++++ AVAILABLE DATA ++++

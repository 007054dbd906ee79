-- ===== src/Dir/Frame.antt =====
-- `search_dir_entry` changes nothing before the partition.
use my_fsck.Base.{
  ℕ, zero, suc, ◌+◌, ◌==◌, ltb, List, get_or, list_eq, none, some, Option-cases, Bool-cases, inl,
  inr,
}
use my_fsck.Machine.Memory.{Bytes}
use my_fsck.Machine.State.{Inode}
use my_fsck.Machine.Run.{fault, out_of_fuel}
use my_fsck.Machine.Frame.{
  IsFramed, Frames-bind, bind-IsFramed, if-IsFramed, pure-IsFramed, halt-IsFramed,
}
use my_fsck.Disk.Frame.{read_block-IsFramed}
use my_fsck.Dir.{read_dir_entry_in_block, search_loop, search_dir_entry}

search_loop-IsFramed :
    (rounds size : ℕ) (m : Bytes) (name : List ℕ) (offset : ℕ)
    → IsFramed (search_loop rounds size m name offset)
unfolding search_loop
search_loop-IsFramed zero size m name offset = halt-IsFramed out_of_fuel
search_loop-IsFramed (suc rounds) size m name offset =
    if-IsFramed (ltb offset size)
      (elim (Option-cases (read_dir_entry_in_block m offset)) [
        | inl free ↦ rw free (pure-IsFramed none)
        | inr (e, used) ↦ rw used (elim (Bool-cases (list_eq e.name name)) [
          | inl found ↦ rw found (pure-IsFramed (some e))
          | inr other ↦ rw other (search_loop-IsFramed rounds size m name (offset + e.rec_len))
        ])
      ])
      (pure-IsFramed none)

pub search_dir_entry-IsFramed :
    (inode : Inode) (name : List ℕ) → IsFramed (search_dir_entry inode name)
unfolding search_dir_entry
search_dir_entry-IsFramed inode name =
    if-IsFramed (get_or inode.i_block 0 0 == 0) (halt-IsFramed fault) (λ s.
      Frames-bind _ (read_block-IsFramed (get_or inode.i_block 0 0) s.block_size s.stray s) (λ m.
        bind-IsFramed (search_loop-IsFramed (s.block_size + 1) s.block_size m name 0)
          (λ found. pure-IsFramed _)))
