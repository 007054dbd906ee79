-- ===== src/Correct/LostFound/Frame.antt =====
-- `add_to_lost_found` changes nothing before the partition.
use my_fsck.Base.{
  ℕ, zero, suc, ◌+◌, ◌==◌, ltb, leb, List, [], ◌∷◌, get_or, u8, Option-cases, inl, inr,
}
use my_fsck.Machine.Memory.{Bytes}
use my_fsck.Machine.State.{DirEntry, no_lost_found}
use my_fsck.Machine.Run.{out_of_fuel}
use my_fsck.Machine.Frame.{
  IsFramed, Frames-bind, bind-IsFramed, if-IsFramed, pure-IsFramed, halt-IsFramed, print-IsFramed,
  require-IsFramed,
}
use my_fsck.Util.{write_number_into_block, pad_to_4_bytes}
use my_fsck.Disk.Frame.{read_block-IsFramed, write_block-IsFramed}
use my_fsck.Inode.Frame.{read_inode-IsFramed}
use my_fsck.Dir.{read_dir_entry_in_block}
use my_fsck.Dir.Frame.{search_dir_entry-IsFramed}
use my_fsck.Correct.LostFound.{
  root_inode_num, dir_entry_prefix_len, first_entry_len, lost_found_dir_name, new_entry,
  create_new_entry, put_entry, write_new_entry, last_entry, place_entry, set_parent,
  add_to_lost_found,
}

write_new_entry-IsFramed :
    (e : DirEntry) (m : Bytes) (b offset : ℕ) → IsFramed (write_new_entry e m b offset)
unfolding write_new_entry
write_new_entry-IsFramed e m b offset s =
    Frames-bind _ (require-IsFramed (leb (offset + 8 + (e.name_len + 1)) s.block_size) s)
      (λ _. write_block-IsFramed b s.block_size (put_entry s.block_size e m offset))

last_entry-IsFramed :
    (rounds size : ℕ) (m : Bytes) (offset len name_len : ℕ)
    → IsFramed (last_entry rounds size m offset len name_len)
unfolding last_entry
last_entry-IsFramed zero size m offset len name_len = halt-IsFramed out_of_fuel
last_entry-IsFramed (suc rounds) size m offset len name_len =
    if-IsFramed (ltb offset size)
      (elim (Option-cases (read_dir_entry_in_block m offset)) [
        | inl free ↦ rw free (pure-IsFramed _)
        | inr (e, used) ↦
            rw used (last_entry-IsFramed rounds size m (offset + e.rec_len) e.rec_len e.name_len)
      ])
      (pure-IsFramed _)

place_entry-IsFramed :
    (e : DirEntry) (name_len : ℕ) (blocks : List ℕ) → IsFramed (place_entry e name_len blocks)
unfolding place_entry
place_entry-IsFramed e name_len [] = pure-IsFramed tt
place_entry-IsFramed e name_len (b ∷ blocks) = if-IsFramed (b == 0) (pure-IsFramed tt) (λ s.
    Frames-bind _ (read_block-IsFramed b s.block_size s.stray s) (λ m.
      bind-IsFramed (last_entry-IsFramed (s.block_size + 1) s.block_size m 0 0 name_len) (λ last.
        let real_len = pad_to_4_bytes (dir_entry_prefix_len + last.1) in
        if-IsFramed (ltb (last.0 + real_len + e.rec_len) s.block_size)
          (write_new_entry-IsFramed e (write_number_into_block m (last.0 + 4) real_len 2) b
            (last.0 + real_len))
          (place_entry-IsFramed e last.1 blocks))))

set_parent-IsFramed : (n parent : ℕ) → IsFramed (set_parent n parent)
unfolding set_parent
set_parent-IsFramed n parent = bind-IsFramed (read_inode-IsFramed n) (λ inode s.
    Frames-bind _ (read_block-IsFramed (get_or inode.i_block 0 0) s.block_size s.stray s) (λ m.
      bind-IsFramed (require-IsFramed (leb (first_entry_len + 4) s.block_size)) (λ _.
        write_block-IsFramed (get_or inode.i_block 0 0) s.block_size
          (write_number_into_block m first_entry_len parent 4))))

pub add_to_lost_found-IsFramed : (n : ℕ) → IsFramed (add_to_lost_found n)
unfolding add_to_lost_found create_new_entry
add_to_lost_found-IsFramed n = bind-IsFramed (read_inode-IsFramed root_inode_num) (λ root.
    bind-IsFramed (search_dir_entry-IsFramed root lost_found_dir_name) (λ found.
      elim (Option-cases found) [
        | inl missing ↦ rw missing (print-IsFramed no_lost_found)
        | inr (dir, e) ↦ rw e (
            bind-IsFramed (read_inode-IsFramed dir.inode) (λ lost_found.
              bind-IsFramed
                (bind-IsFramed (read_inode-IsFramed n) (λ inode. pure-IsFramed (new_entry n inode)))
                (λ entry s.
                  Frames-bind _ (place_entry-IsFramed entry (u8 (s.stray 6)) lost_found.i_block s)
                    (λ _. set_parent-IsFramed n dir.inode))))
      ]))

++++

EXERCISE AIM
Using the material above, work out how many lines hold the word "State". Reply with that number alone.

TASK OUTPUT
2